Google DeepMind has demonstrated a remarkable breakthrough in AI-powered bioacoustics with Perch 2.0, a foundation model originally trained on birdsong that can now identify whale calls through transfer learning.
The discovery challenges conventional assumptions about cross-species audio recognition. Birds' chirps, trills, and warbles travel through air, while whales' boings, "biotwangs," and whistles vibrate underwater—both in sound characteristics and transmission medium. Yet Perch 2.0 bridges this gap with surprising effectiveness.
How Transfer Learning Works
Perch 2.0 was trained on millions of recordings from birds and land-based animals, including amphibians, insects, and mammals. Researchers at Google DeepMind and Google Research then applied transfer learning to test whether this bird-focused model could recognize whale vocalizations.
"If [Perch 2.0] performs well for our whale use cases, then that means we don't need to build an entirely separate new whale model—we can just build on top of that," explains Lauren Harrell, a data scientist at Google Research.
The technique works by "recycling all of the training that's been done and just do a small model at the end for your use cases," Harrell adds. This approach dramatically reduces computation time and experimentation effort.
Evaluation and Results
The team tested Perch 2.0 on three marine audio datasets containing whale sounds and other aquatic noises. They converted each five-second audio window into a spectrogram—a visual representation of sound intensity across frequencies over time. These images were fed to the model to produce embeddings that preserve the most salient attributes.
Researchers then trained a logistic regression classifier using randomly selected embeddings (minimum four, maximum 32 per dataset). Results showed strong performance even with just a handful of embeddings, improving as the number increased.

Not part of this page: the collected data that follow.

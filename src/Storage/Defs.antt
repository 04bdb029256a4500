-- ===== src/Storage/Defs.antt =====
-- The batch operations of sqlite_batch_operations.go: the flush hooks open and close a transaction, in
-- which the registered operations write, and the streams of sqlite_storage.go. The database is
-- a parameter: what its parts do to its content, by the number of transactions begun before.
use Prim.Native.String.{◌++◌}
use sprawler.Common.{
  ℕ, ◌+◌, String, Bool, true, false, Option, none, some, List, [], ◌∷◌, str_eq, if◌then◌else◌,
}
use sprawler.Model.{Site, SiteUser, UserProfile, SiteGroup, GroupMember}
use sprawler.BatchWriter.Defs.{
  Item, Error, reported, Action, FlushHooks, Writer, set_flush_hooks, register,
}
use sprawler.Storage.Rows.{
  UpsertSiteParams, UpsertSiteUserParams, UpsertUserProfileParams, UpsertSiteGroupsBatchParams,
  UpsertGroupMembersBatchParams, site_params, site_user_params, user_profile_params,
  site_group_params, group_member_params,
}

-- The values of the queue's items.
pub data Entity : Type 0 where
  site : Site → Entity
  site_user : SiteUser → Entity
  user_profile : UserProfile → Entity
  site_group : SiteGroup → Entity
  group_member : GroupMember → Entity

pub data Row : Type 0 where
  site_row : UpsertSiteParams → Row
  site_user_row : UpsertSiteUserParams → Row
  user_profile_row : UpsertUserProfileParams → Row
  site_group_row : UpsertSiteGroupsBatchParams → Row
  group_member_row : UpsertGroupMembersBatchParams → Row

unfoldable pub row_of : Entity → Row
unfolding site_params site_user_params user_profile_params site_group_params group_member_params
row_of (site s) = site_row (site_params s)
row_of (site_user u) = site_user_row (site_user_params u)
row_of (user_profile p) = user_profile_row (user_profile_params p)
row_of (site_group g) = site_group_row (site_group_params g)
row_of (group_member m) = group_member_row (group_member_params m)

-- The kinds, by the names that the queue's items carry.
unfoldable pub kind_of : Entity → String
kind_of (site s) = "sites"
kind_of (site_user u) = "site_users"
kind_of (user_profile p) = "user_profiles"
kind_of (site_group g) = "site_groups"
kind_of (group_member m) = "group_members"

abbrev pub kinds : List String
kinds = "sites" ∷ "site_users" ∷ "user_profiles" ∷ "site_groups" ∷ "group_members" ∷ []

-- What the code uses of the database: whether a transaction begins, an insert or upsert of a row
-- (`true` for insert), the content after a commit of a transaction's own content over the one
-- before it, and after a rollback of it.
pub record Db (D : Type 0) : Type 0 where
  pub begin : ℕ → Option String
  pub exec : ℕ → Bool → Row → D → D × Option String
  pub commit : ℕ → D → D → D × Option String
  pub rollback : ℕ → D → D → D

-- The content, what the open transaction sees, whether the active queries are the transaction's,
-- and the number of transactions so far.
pub record World (D : Type 0) : Type 0 where
  pub committed : D
  pub view : D
  pub is_active : Bool
  pub begun : ℕ

-- A database with no transaction.
abbrev pub idle : {D : Type 0} → D → World D
idle d = record { committed = d; view = d; is_active = false; begun = 0 }

-- What `RegisterTyped` answers for an item of another type.
abbrev pub wrong_type : String → Error
wrong_type kind = reported ("kind " ++ (kind ++ ": unexpected type"))

module _ {D : Type 0} (db : Db D) where
  -- `Before`: a transaction starts from the content.
  unfoldable pub begin_tx : Action (World D)
  begin_tx w = elim (db.begin w.begun) [
    | some e ↦ (record w { begun = w.begun + 1 }, some (reported ("begin tx: " ++ e)))
    | none ↦ (record w { view = w.committed; is_active = true; begun = w.begun + 1 }, none)
  ]

  abbrev pub reported_error : Option String → Option Error
  reported_error none = none
  reported_error (some e) = some (reported e)

  -- `After`: the active queries are the database's again in every case. It runs only after a
  -- `Before` that has begun a transaction.
  unfoldable pub end_tx : Option Error → Action (World D)
  end_tx (some e) w =
      (record w { committed = db.rollback w.begun w.committed w.view; is_active = false }, some e)
  end_tx none w =
      let (d, err) = db.commit w.begun w.committed w.view in
      (record w { committed = d; is_active = false }, reported_error err)

  unfoldable pub flush_hooks : FlushHooks (World D)
  unfolding begin_tx end_tx
  flush_hooks = record { before = some begin_tx; after = some end_tx }

  -- A row is written by the active queries.
  unfoldable pub exec_row : Bool → Row → World D → World D × Option String
  exec_row use_inserts row w =
      if w.is_active
      then (let (d, err) = db.exec w.begun use_inserts row w.view in (record w { view = d }, err))
      else (let (d, err) = db.exec w.begun use_inserts row w.committed in
          (record w { committed = d }, err))

  module _ (use_inserts : Bool) (err_label : Entity → String) where
    abbrev pub verb : String
    verb = if use_inserts then "insert" else "upsert"

    abbrev pub labelled : Entity → Option String → Option Error
    labelled e none = none
    labelled e (some err) =
        some (reported ("failed to " ++ (verb ++ (" " ++ (err_label e ++ (": " ++ err))))))

    -- The operation of a kind: an item of another type is refused.
    unfoldable pub operation : String → Entity → Action (World D)
    unfolding exec_row row_of kind_of
    operation kind e w =
        if str_eq (kind_of e) kind
        then (let (w', err) = exec_row use_inserts (row_of e) w in (w', labelled e err))
        else (w, some (wrong_type kind))

    unfoldable pub register_kinds : List String → Writer (World D) Entity → Writer (World D) Entity
    unfolding operation
    register_kinds [] q = q
    register_kinds (k ∷ ks) q = register_kinds ks (register k (operation k) q)

    unfoldable pub register_sqlc_operations : Writer (World D) Entity → Writer (World D) Entity
    unfolding flush_hooks register_kinds
    register_sqlc_operations q = register_kinds kinds (set_flush_hooks flush_hooks q)

-- `Enqueue`: the item carries the kind of its type.
unfoldable pub enqueued : Entity → Item Entity
unfolding kind_of
enqueued e = record { kind = kind_of e; value = e }
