-- ===== src/Storage/Files.antt =====
-- The rest of sqlite_storage.go: streams, outcomes, statistics, the run's mark, closing and archiving.
-- What a call of the database or of the file system does to the state of the machine is a
-- parameter; the text of an outcome is the JSON encoder's.
use sprawler.Common.{
  ℕ, ◌+◌, String, Bool, true, Option, none, some, List, [], ◌∷◌, map, length, if◌then◌else◌,
}
use sprawler.Model.{SpSiteOutcome, OdSiteOutcome}
use sprawler.BatchWriter.Defs.{Item}
use sprawler.BatchWriter.Loop.{Loop}
use sprawler.Errors.{GoError, wrapped}
use sprawler.Storage.Defs.{Entity, enqueued}

-- `streamTo` over the values that come; `ends` tells before which of them the context's end is chosen.
unfoldable pub stream_to : (ℕ → Bool) → ℕ → List Entity → List (Item Entity)
unfolding enqueued
stream_to ends i [] = []
stream_to ends i (v ∷ vs) =
    let rest = stream_to ends (i + 1) vs in if ends i then [] else enqueued v ∷ rest

pub record StorageStats : Type 0 where
  pub processed_items : ℕ
  pub failed_items : ℕ
  pub batches_written : ℕ
  pub queue_length : ℕ

unfoldable pub get_stats : {W V : Type 0} → Loop W V → StorageStats
get_stats l = record {
  processed_items = l.writer.success_count;
  failed_items = l.writer.failure_count;
  batches_written = l.writer.flush_count;
  queue_length = length l.input;
}

pub data SavedOutcome : Type 0 where
  sharepoint : SpSiteOutcome → SavedOutcome
  onedrive : OdSiteOutcome → SavedOutcome

pub record OutcomeItem : Type 0 where
  pub site_url : String
  pub site_id : String
  pub value : SavedOutcome

unfoldable pub sp_item : SpSiteOutcome → OutcomeItem
sp_item o = record { site_url = o.site_url; site_id = o.site_id; value = sharepoint o }

unfoldable pub od_item : OdSiteOutcome → OutcomeItem
od_item o = record { site_url = o.site_url; site_id = o.site_id; value = onedrive o }

pub record OutcomeRow : Type 0 where
  pub site_url : String
  pub site_id : String
  pub processor : String
  pub outcome_json : String

-- What `saveOutcomes` uses: the JSON encoder and a transaction over a content.
pub record OutcomeDb (D : Type 0) : Type 0 where
  pub begin : Option GoError
  pub prepare : Option GoError
  pub marshal : SavedOutcome → Option String
  pub exec : OutcomeRow → D → D × Option GoError
  pub commit : D → D → D × Option GoError

module _ {D : Type 0} (db : OutcomeDb D) where
  -- The loop: an outcome that cannot be encoded is left out, and an error of its insert is logged.
  unfoldable pub save_items : String → List OutcomeItem → D → D
  save_items processor [] d = d
  save_items processor (it ∷ its) d = elim (db.marshal it.value) [
    | none ↦ save_items processor its d
    | some json ↦
        save_items processor its
          (db.exec
            (record {
              site_url = it.site_url;
              site_id = it.site_id;
              processor = processor;
              outcome_json = json;
            })
            d).0
  ]

  unfoldable pub save_outcomes : String → List OutcomeItem → D → D × Option GoError
  unfolding save_items
  save_outcomes processor items d = elim db.begin [
    | some e ↦ (d, some (wrapped "failed to begin transaction" e))
    | none ↦ elim db.prepare [
      | some e ↦ (d, some (wrapped "failed to prepare statement" e))
      | none ↦ db.commit d (save_items processor items d)
    ]
  ]

  unfoldable pub save_site_outcomes : List SpSiteOutcome → D → D × Option GoError
  unfolding save_outcomes sp_item
  save_site_outcomes outcomes d = save_outcomes "sharepoint" (map sp_item outcomes) d

  unfoldable pub save_one_drive_outcomes : List OdSiteOutcome → D → D × Option GoError
  unfolding save_outcomes od_item
  save_one_drive_outcomes outcomes d = save_outcomes "onedrive" (map od_item outcomes) d

-- What `os.Stat` finds.
pub data Stat : Type 0 where
  exists not_there : Stat
  stat_error : GoError → Stat

-- The calls that close and archive the database, on the state of the machine.
pub record Machine (S : Type 0) : Type 0 where
  pub close_queue : S → S
  pub close_db : S → S × Option GoError
  pub stat_archive : S → Stat
  pub remove_archive : S → S × Option GoError
  pub rename_db : S → S × Option GoError

-- The `closeOnce` of a storage, and the machine's state.
pub record Handle (S : Type 0) : Type 0 where
  pub closed_once : Bool
  pub state : S

module _ {S : Type 0} (m : Machine S) where
  unfoldable pub close_once : Handle S → Handle S × Option GoError
  close_once h =
      if h.closed_once
      then (h, none)
      else (let (s, e) = m.close_db (m.close_queue h.state) in
          (record { closed_once = true; state = s }, e))

  unfoldable pub rename_to_archive : S → S × Option GoError
  rename_to_archive s =
      let (s', e) = m.rename_db s in
      elim e [
        | some e ↦ (s', some (wrapped "failed to rename database to archive" e))
        | none ↦ (s', none)
      ]

  unfoldable pub replace_archive : S → S × Option GoError
  unfolding rename_to_archive
  replace_archive s = elim (m.stat_archive s) [
    | stat_error e ↦ (s, some (wrapped "error checking archive file" e))
    | not_there ↦ rename_to_archive s
    | exists ↦
        let (s', e) = m.remove_archive s in
        elim e [
          | some e ↦ (s', some (wrapped "failed to remove old archive" e))
          | none ↦ rename_to_archive s'
        ]
  ]

  unfoldable pub archive_database : Handle S → Handle S × Option GoError
  unfolding close_once replace_archive
  archive_database h =
      let (h', e) = close_once h in
      elim e [
        | some e ↦ (h', some (wrapped "failed to close database before archiving" e))
        | none ↦ let (s, e') = replace_archive h'.state in (record h' { state = s }, e')
      ]
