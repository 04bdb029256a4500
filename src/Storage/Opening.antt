-- ===== src/Storage/Opening.antt =====
-- The opening of the storage: `NewStorage` of factory.go, `NewSQLiteStorage` with its pragmas and its
-- schema, and the run's status, of sqlite_storage.go. What a call of the database or of the file
-- system does to the state of the machine is a parameter.
use Prim.Native.String.{◌++◌}
use sprawler.Common.{
  ℕ, zero, suc, String, Bool, true, false, ◌||◌, Option, none, some, List, [], ◌∷◌, str_eq,
  if◌then◌else◌,
}
use sprawler.Common.Int.{ℤ, pos, negsuc, pos_part}
use sprawler.Common.Text.{show_int}
use sprawler.BatchWriter.Defs.{Writer, new, enable_failure_json}
use sprawler.Errors.{GoError, message, wrapped, Reply, api_error, fetched}
use sprawler.Storage.Defs.{Entity, Db, World, register_sqlc_operations}
use sprawler.Storage.Files.{Stat, exists, not_there, stat_error}

-- `Config` of storage.go.
pub record StorageConfig : Type 0 where
  pub db_type : String
  pub path : String
  pub name : String
  pub max_conns : ℤ
  pub recreate : Bool
  pub batch_size : ℤ
  pub flush_interval : ℤ
  pub queue_capacity : ℤ
  pub enable_failure_log : Bool
  pub failure_log_path : String
  pub busy_timeout : ℤ
  pub cache_size : ℤ

-- The calls of the opening and of the run's status.
pub record Calls (S : Type 0) : Type 0 where
  pub join_path : String → String → String
  pub make_directory : String → S → S × Option GoError
  pub stat : String → S → Stat
  pub remove : String → S → S × Option GoError
  pub open_db : String → ℤ → S → S × Option GoError
  pub ping : S → S × Option GoError
  pub exec_sql : String → S → S × Option GoError
  pub schema_sql : String
  pub create_run_status : ℕ → Bool → S → S × Option GoError
  pub update_run_status : ℕ → Bool → S → S × Option GoError

-- The storage that is opened, less the handles of the database.
pub record SqliteStorage (D : Type 0) : Type 0 where
  pub db_path : String
  pub base_path : String
  pub queue : Writer (World D) Entity

-- A call whose error is wrapped.
unfoldable pub wrapping : {S : Type 0} → String → (S → S × Option GoError) → S → S × Option GoError
wrapping text call s =
    let (s', e) = call s in elim e [ some err ↦ (s', some (wrapped text err)) | none ↦ (s', none) ]

-- The pragmas are set one after the other, up to one that fails.
unfoldable pub set_pragmas :
    {S : Type 0} → (String → S → S × Option GoError) → List String → S → S × Option GoError
unfolding wrapping
set_pragmas exec [] s = (s, none)
set_pragmas exec (p ∷ ps) s =
    let (s', e) = wrapping ("failed to set pragma " ++ p) (exec p) s in
    elim e [ some err ↦ (s', some err) | none ↦ set_pragmas exec ps s' ]

abbrev pub timeout_or_default : ℤ → ℤ
timeout_or_default (pos zero) = pos 5000
timeout_or_default (pos (suc n)) = pos (suc n)
timeout_or_default (negsuc n) = pos 5000

abbrev pub cache_or_default : ℤ → ℤ
cache_or_default (pos zero) = negsuc 262143
cache_or_default (pos (suc n)) = pos (suc n)
cache_or_default (negsuc n) = negsuc n

abbrev pub setting : String → ℤ → String
setting name value = name ++ show_int value

unfoldable pub pragmas : ℤ → ℤ → List String
unfolding show_int
pragmas busy_timeout cache_size =
    "PRAGMA journal_mode = WAL"
    ∷ "PRAGMA synchronous = OFF"
    ∷ setting "PRAGMA busy_timeout = " (timeout_or_default busy_timeout)
    ∷ setting "PRAGMA cache_size = " (cache_or_default cache_size)
    ∷ "PRAGMA temp_store = MEMORY"
    ∷ "PRAGMA mmap_size = 268435456"
    ∷ "PRAGMA wal_autocheckpoint = 4000"
    ∷ []

-- A step of the opening, and the rest where it has no error.
unfoldable pub and_then :
    {S A : Type 0} → (S → S × Option GoError) → (S → S × Reply A) → S → S × Reply A
and_then call rest s =
    let (s', e) = call s in elim e [ some err ↦ (s', api_error err) | none ↦ rest s' ]

module _ {D : Type 0} (db : Db D) (err_label : Entity → String) where
  abbrev pub failure_log_path_of : StorageConfig → String
  failure_log_path_of cfg =
      if str_eq cfg.failure_log_path "" then "./failed_writes.ndjson" else cfg.failure_log_path

  -- The queue, with its operations and the failure log.
  unfoldable pub queue_of : StorageConfig → Writer (World D) Entity
  unfolding new register_sqlc_operations enable_failure_json
  queue_of cfg =
      let queue : Writer (World D) Entity =
        register_sqlc_operations db cfg.recreate err_label
          (new (pos_part cfg.batch_size) (pos_part cfg.queue_capacity)) in
      if cfg.enable_failure_log
      then enable_failure_json (failure_log_path_of cfg) true queue
      else queue

module _ {S : Type 0} (calls : Calls S) where
  open calls use {
    join_path, make_directory, stat, remove, open_db, ping, exec_sql, schema_sql, create_run_status,
    update_run_status,
  }

  -- The database of an earlier run is removed where it is to be created again.
  unfoldable pub remove_existing : Bool → String → S → S × Option GoError
  unfolding wrapping
  remove_existing recreate db_path s =
      if recreate
      then elim (stat db_path s) [
        | exists ↦ wrapping "failed to remove existing database" (remove db_path) s
        | not_there ↦ (s, none)
        | stat_error e ↦ (s, some (wrapped "error checking existing database" e))
      ]
      else (s, none)

  unfoldable pub configure_pragmas : ℤ → ℤ → S → S × Option GoError
  unfolding set_pragmas pragmas
  configure_pragmas busy_timeout cache_size = set_pragmas exec_sql (pragmas busy_timeout cache_size)

  unfoldable pub migrate : S → S × Option GoError
  unfolding wrapping
  migrate = wrapping "failed to execute schema" (exec_sql schema_sql)

  module _ {D : Type 0} (db : Db D) (err_label : Entity → String) where
    unfoldable pub new_sqlite_storage : StorageConfig → S → S × Reply (SqliteStorage D)
    new_sqlite_storage cfg =
        let db_path : String = join_path cfg.path cfg.name in
        and_then (wrapping "failed to create database directory" (make_directory cfg.path)) (
          and_then (remove_existing cfg.recreate db_path) (
            and_then (wrapping "failed to open database" (open_db db_path cfg.max_conns)) (
              and_then (wrapping "failed to ping database" ping) (
                and_then
                  (wrapping "failed to configure database pragmas"
                    (configure_pragmas cfg.busy_timeout cfg.cache_size))
                  (and_then (wrapping "failed to run migrations" migrate) (λ s. (
                    s,
                    fetched (record {
                      db_path = db_path;
                      base_path = cfg.path;
                      queue = queue_of db err_label cfg;
                    }),
                  )))))))

    unfoldable pub new_storage : StorageConfig → S → S × Reply (SqliteStorage D)
    unfolding new_sqlite_storage
    new_storage cfg s =
        if str_eq cfg.db_type "sqlite" || str_eq cfg.db_type ""
        then new_sqlite_storage cfg s
        else (s, api_error (message ("unsupported storage type: " ++ cfg.db_type)))

  -- The run's status is one row, which is made when the run starts and marked when it is done.
  unfoldable pub initialize_run_status : S → S × Option GoError
  unfolding wrapping
  initialize_run_status = wrapping "failed to initialize run status" (create_run_status 1 false)

  unfoldable pub mark_run_completed : S → S × Option GoError
  unfolding wrapping
  mark_run_completed = wrapping "failed to mark run completed" (update_run_status 1 true)
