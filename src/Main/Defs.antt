-- ===== src/Main/Defs.antt =====
-- cmd/sprawler/main.go: the order of a run. What the parts do to the state of the machine is a
-- parameter; the storage's handle, its closing and its archiving are those of sqlite_storage.go.
-- `log.Fatalf` ends the process at once, without the deferred `Close`. The second interrupt, which
-- ends the process, and the log lines are left out.
use sprawler.Common.{String, Bool, false, Option, none, some, List, [], ◌∷◌, if◌then◌else◌}
use sprawler.Config.Defs.{Config, DatabaseConfig}
use sprawler.Errors.{GoError, Reply, api_error, fetched}
use sprawler.Processors.Results.{ProcessorResult}
use sprawler.Storage.Opening.{StorageConfig}
use sprawler.Storage.Files.{Machine, Handle, close_once, archive_database}

-- A call that can fail.
abbrev pub Fallible : Type 0 → Type 0
Fallible S = S → S × Option GoError

-- A processor of the list: its health check, and its run, which always gives a result.
pub record Processor (S : Type 0) : Type 0 where
  pub health : S → Option GoError
  pub process : S → S × ProcessorResult

pub record Parts (S : Type 0) : Type 0 where
  pub load_config : Reply Config
  pub new_storage : StorageConfig → Fallible S
  pub new_client : Config → Fallible S
  pub initialize_run_status : Fallible S
  pub processors : Config → List (Processor S)
  pub mark_run_completed : Fallible S
  pub machine : Machine S
  -- Whether the context has ended.
  pub interrupted : S → Bool

-- The storage's configuration, field by field.
unfoldable pub storage_config : DatabaseConfig → StorageConfig
storage_config c = record {
  db_type = c.db_type;
  path = c.path;
  name = c.name;
  max_conns = c.max_conns;
  recreate = c.recreate;
  batch_size = c.batch_size;
  flush_interval = c.flush_interval;
  queue_capacity = c.queue_capacity;
  enable_failure_log = c.enable_failure_log;
  failure_log_path = c.failure_log_path;
  busy_timeout = c.busy_timeout;
  cache_size = c.cache_size;
}

pub data Exit : Type 0 where
  fatal : String → GoError → Exit
  finished : Exit

module _ {S : Type 0} where
  unfoldable pub or_fatal : String → Fallible S → (S → S × Exit) → S → S × Exit
  or_fatal text call rest s =
      let (s', e) = call s in elim e [ some err ↦ (s', fatal text err) | none ↦ rest s' ]

  -- The first health check that fails ends the program.
  unfoldable pub check_health : List (Processor S) → (S → S × Exit) → S → S × Exit
  check_health [] rest s = rest s
  check_health (p ∷ ps) rest s =
      let more = check_health ps rest s in
      elim (p.health s) [ some err ↦ (s, fatal "Health check failed" err) | none ↦ more ]

module _ {S : Type 0} (parts : Parts S) where
  open parts use {
    load_config, new_storage, new_client, initialize_run_status, processors, mark_run_completed,
    machine, interrupted,
  }

  -- The result of a processor is only logged.
  unfoldable pub run_processors : List (Processor S) → S → S
  run_processors [] s = s
  run_processors (p ∷ ps) s =
      let rest = run_processors ps (p.process s).0 in if interrupted s then s else rest

  abbrev with_state : Handle S → S → Handle S
  with_state h s = record h { state = s }

  -- The mark's error and the archive's are only logged; the store is closed once more.
  unfoldable pub finalize_run : Handle S → Handle S
  unfolding close_once archive_database
  finalize_run h =
      if interrupted h.state
      then h
      else (close_once machine
          (archive_database machine (with_state h (mark_run_completed h.state).0)).0).0

  -- From the processors on, with the deferred `Close` at the end.
  unfoldable pub run_to_end : List (Processor S) → S → S × Exit
  unfolding run_processors finalize_run
  run_to_end ps s =
      let h = finalize_run (record { closed_once = false; state = run_processors ps s }) in
      ((close_once machine h).0.state, finished)

  unfoldable pub run_with : Config → S → S × Exit
  unfolding or_fatal check_health run_to_end
  run_with cfg =
      or_fatal "Failed to initialize storage" (new_storage (storage_config cfg.database)) (
        or_fatal "Failed to create SharePoint API client" (new_client cfg) (
          or_fatal "Failed to create OneDrive API client" (new_client cfg) (
            or_fatal "Failed to initialize run status" initialize_run_status
              (check_health (processors cfg) (run_to_end (processors cfg))))))

  unfoldable pub main : S → S × Exit
  unfolding run_with
  main s = elim load_config [
    | api_error e ↦ (s, fatal "Failed to load configuration" e)
    | fetched cfg ↦ run_with cfg s
  ]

Implications for Marine Research
Google has been working on whale bioacoustics for nearly a decade, including algorithms that detect humpback whale calls and a more recent multispecies whale model capable of identifying eight distinct species and multiple call types for two of those species.
The Perch 2.0 approach offers new flexibility. "We're always making new discoveries about call types. We're always learning new things about underwater sounds. There's so many mysterious ocean noises that you can't just have one fixed model," Harrell notes.
The findings were detailed in a paper presented at the NeurIPS conference workshop on AI for Non-Human Animal Communication last December.